===== Data for this exercise =====
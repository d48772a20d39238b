-- ===== src/TimeFormat.antt =====
-- lib/openathan-core/src/time_format.cpp and include/openathan/time_format.h: the saved clock
-- format, its record and its revision-checked update.
pub mod Record
pub mod Service
pub mod Clock
use openathan.Base.{ℕ}

pub record SavedTimeFormat : Type 0 where
  pub revision : ℕ
  pub hours : ℕ
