-- ===== src/SpeakerName.antt =====
-- lib/openathan-core/src/speaker_name.cpp and include/openathan/speaker_name.h: the speaker's name,
-- UTF-8 text of at most thirty-two characters, and the service that keeps it. A string is its list
-- of bytes.
pub mod Text
pub mod Service
pub mod Record
use openathan.Base.{
  ℕ, zero, suc, ◌+◌, ◌-◌, ◌*◌, ◌/◌, ◌%◌, Bool, true, false, not, ◌&&◌, ◌||◌, Option, none, some,
  List, [], ◌∷◌, length, ltb, leb, ◌==◌, if◌then◌else◌,
}

pub record SavedSpeakerName : Type 0 where
  pub revision : ℕ
  pub name : List ℕ

unfoldable pub space : ℕ → Bool
space c = c == 32 || (leb 9 c && leb c 13)

-- The loops that remove a prefix and a suffix.
unfoldable pub trim_front : List ℕ → List ℕ
unfolding space
trim_front [] = []
trim_front (c ∷ cs) = let rest = trim_front cs in if space c then rest else c ∷ cs

abbrev pub cons_trimmed : ℕ → List ℕ → List ℕ
cons_trimmed c [] = if space c then [] else c ∷ []
cons_trimmed c (d ∷ ds) = c ∷ d ∷ ds

unfoldable pub trim_back : List ℕ → List ℕ
trim_back [] = []
trim_back (c ∷ cs) = cons_trimmed c (trim_back cs)

-- `count`, `extra`, `code`, and how many of the extra bytes are still to come.
pub record Scan : Type 0 where
  pub count : ℕ
  pub extra : ℕ
  pub code : ℕ
  pub left : ℕ

abbrev pub scan_start : Scan
scan_start = record { count = 0; extra = 0; code = 0; left = 0 }

-- The test at the end of the loop's body, in a character of `extra + 1` bytes.
unfoldable pub code_refused : ℕ → ℕ → Bool
code_refused extra code =
    (extra == 1 && ltb code 0x80)
    || (extra == 2 && ltb code 0x800)
    || (extra == 3 && ltb code 0x10000)
    || ltb 0x10FFFF code
    || (leb 0xD800 code && leb code 0xDFFF)
    || ltb code 0x20
    || (leb 0x7F code && leb code 0x9F)

finish_character : ℕ → ℕ → ℕ → Option Scan
unfolding code_refused
finish_character count extra code =
    if code_refused extra code || ltb 32 (count + 1)
    then none
    else some (record { count = count + 1; extra = 0; code = 0; left = 0 })

-- In a character of `extra + 1` bytes, with all of them but the first to come.
abbrev within : ℕ → ℕ → ℕ → Option Scan
within count extra code = some (record { count = count; extra = extra; code = code; left = extra })

-- The first byte of a character: what it adds to the code, and the bytes that follow it.
begin_character : ℕ → ℕ → Option Scan
unfolding finish_character
begin_character count first =
    if leb 0xC2 first && leb first 0xDF
    then within count 1 (first % 32)
    else if leb 0xE0 first && leb first 0xEF
    then within count 2 (first % 16)
    else if leb 0xF0 first && leb first 0xF4
    then within count 3 (first % 8)
    else if leb 0x80 first
    then none
    else finish_character count 0 first

-- One byte of the two nested loops.
unfoldable pub scan_byte : Scan → ℕ → Option Scan
unfolding begin_character finish_character
scan_byte s next =
    let code = s.code * 64 + next % 64 in
    if s.left == 0
    then begin_character s.count next
    else if not (next / 64 == 2)
    then none
    else if s.left == 1
    then finish_character s.count s.extra code
    else some (record s { code = code; left = s.left - 1 })

-- The loop. Text that ends inside a character is refused.
unfoldable pub scan : Scan → List ℕ → Bool
unfolding scan_byte
scan s [] = s.left == 0
scan s (b ∷ bs) = elim (scan_byte s b) [ none ↦ false | some t ↦ scan t bs ]

unfoldable pub normalize_speaker_name : List ℕ → Option (List ℕ)
unfolding trim_front trim_back scan
normalize_speaker_name input =
    let text = trim_back (trim_front input) in
    if ltb 128 (length text) then none else if scan scan_start text then some text else none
=====
Return every record exactly as it was given.

**Written answer**
repository d48772a20d39238b
-- ===== src/TimeFormat.antt =====
-- lib/openathan-core/src/time_format.cpp and include/openathan/time_format.h: the saved clock
-- format, its record and its revision-checked update.
pub mod Record
pub mod Service
pub mod Clock
use openathan.Base.{ℕ}

pub record SavedTimeFormat : Type 0 where
  pub revision : ℕ
  pub hours : ℕ
-- ===== src/SpeakerName.antt =====
-- lib/openathan-core/src/speaker_name.cpp and include/openathan/speaker_name.h: the speaker's name,
-- UTF-8 text of at most thirty-two characters, and the service that keeps it. A string is its list
-- of bytes.
pub mod Text
pub mod Service
pub mod Record
use openathan.Base.{
  ℕ, zero, suc, ◌+◌, ◌-◌, ◌*◌, ◌/◌, ◌%◌, Bool, true, false, not, ◌&&◌, ◌||◌, Option, none, some,
  List, [], ◌∷◌, length, ltb, leb, ◌==◌, if◌then◌else◌,
}

pub record SavedSpeakerName : Type 0 where
  pub revision : ℕ
  pub name : List ℕ

unfoldable pub space : ℕ → Bool
space c = c == 32 || (leb 9 c && leb c 13)

-- The loops that remove a prefix and a suffix.
unfoldable pub trim_front : List ℕ → List ℕ
unfolding space
trim_front [] = []
trim_front (c ∷ cs) = let rest = trim_front cs in if space c then rest else c ∷ cs

abbrev pub cons_trimmed : ℕ → List ℕ → List ℕ
cons_trimmed c [] = if space c then [] else c ∷ []
cons_trimmed c (d ∷ ds) = c ∷ d ∷ ds

unfoldable pub trim_back : List ℕ → List ℕ
trim_back [] = []
trim_back (c ∷ cs) = cons_trimmed c (trim_back cs)

-- `count`, `extra`, `code`, and how many of the extra bytes are still to come.
pub record Scan : Type 0 where
  pub count : ℕ
  pub extra : ℕ
  pub code : ℕ
  pub left : ℕ

abbrev pub scan_start : Scan
scan_start = record { count = 0; extra = 0; code = 0; left = 0 }

-- The test at the end of the loop's body, in a character of `extra + 1` bytes.
unfoldable pub code_refused : ℕ → ℕ → Bool
code_refused extra code =
    (extra == 1 && ltb code 0x80)
    || (extra == 2 && ltb code 0x800)
    || (extra == 3 && ltb code 0x10000)
    || ltb 0x10FFFF code
    || (leb 0xD800 code && leb code 0xDFFF)
    || ltb code 0x20
    || (leb 0x7F code && leb code 0x9F)

finish_character : ℕ → ℕ → ℕ → Option Scan
unfolding code_refused
finish_character count extra code =
    if code_refused extra code || ltb 32 (count + 1)
    then none
    else some (record { count = count + 1; extra = 0; code = 0; left = 0 })

-- In a character of `extra + 1` bytes, with all of them but the first to come.
abbrev within : ℕ → ℕ → ℕ → Option Scan
within count extra code = some (record { count = count; extra = extra; code = code; left = extra })

-- The first byte of a character: what it adds to the code, and the bytes that follow it.
begin_character : ℕ → ℕ → Option Scan
unfolding finish_character
begin_character count first =
    if leb 0xC2 first && leb first 0xDF
    then within count 1 (first % 32)
    else if leb 0xE0 first && leb first 0xEF
    then within count 2 (first % 16)
    else if leb 0xF0 first && leb first 0xF4
    then within count 3 (first % 8)
    else if leb 0x80 first
    then none
    else finish_character count 0 first

-- One byte of the two nested loops.
unfoldable pub scan_byte : Scan → ℕ → Option Scan
unfolding begin_character finish_character
scan_byte s next =
    let code = s.code * 64 + next % 64 in
    if s.left == 0
    then begin_character s.count next
    else if not (next / 64 == 2)
    then none
    else if s.left == 1
    then finish_character s.count s.extra code
    else some (record s { code = code; left = s.left - 1 })

-- The loop. Text that ends inside a character is refused.
unfoldable pub scan : Scan → List ℕ → Bool
unfolding scan_byte
scan s [] = s.left == 0
scan s (b ∷ bs) = elim (scan_byte s b) [ none ↦ false | some t ↦ scan t bs ]

unfoldable pub normalize_speaker_name : List ℕ → Option (List ℕ)
unfolding trim_front trim_back scan
normalize_speaker_name input =
    let text = trim_back (trim_front input) in
    if ltb 128 (length text) then none else if scan scan_start text then some text else none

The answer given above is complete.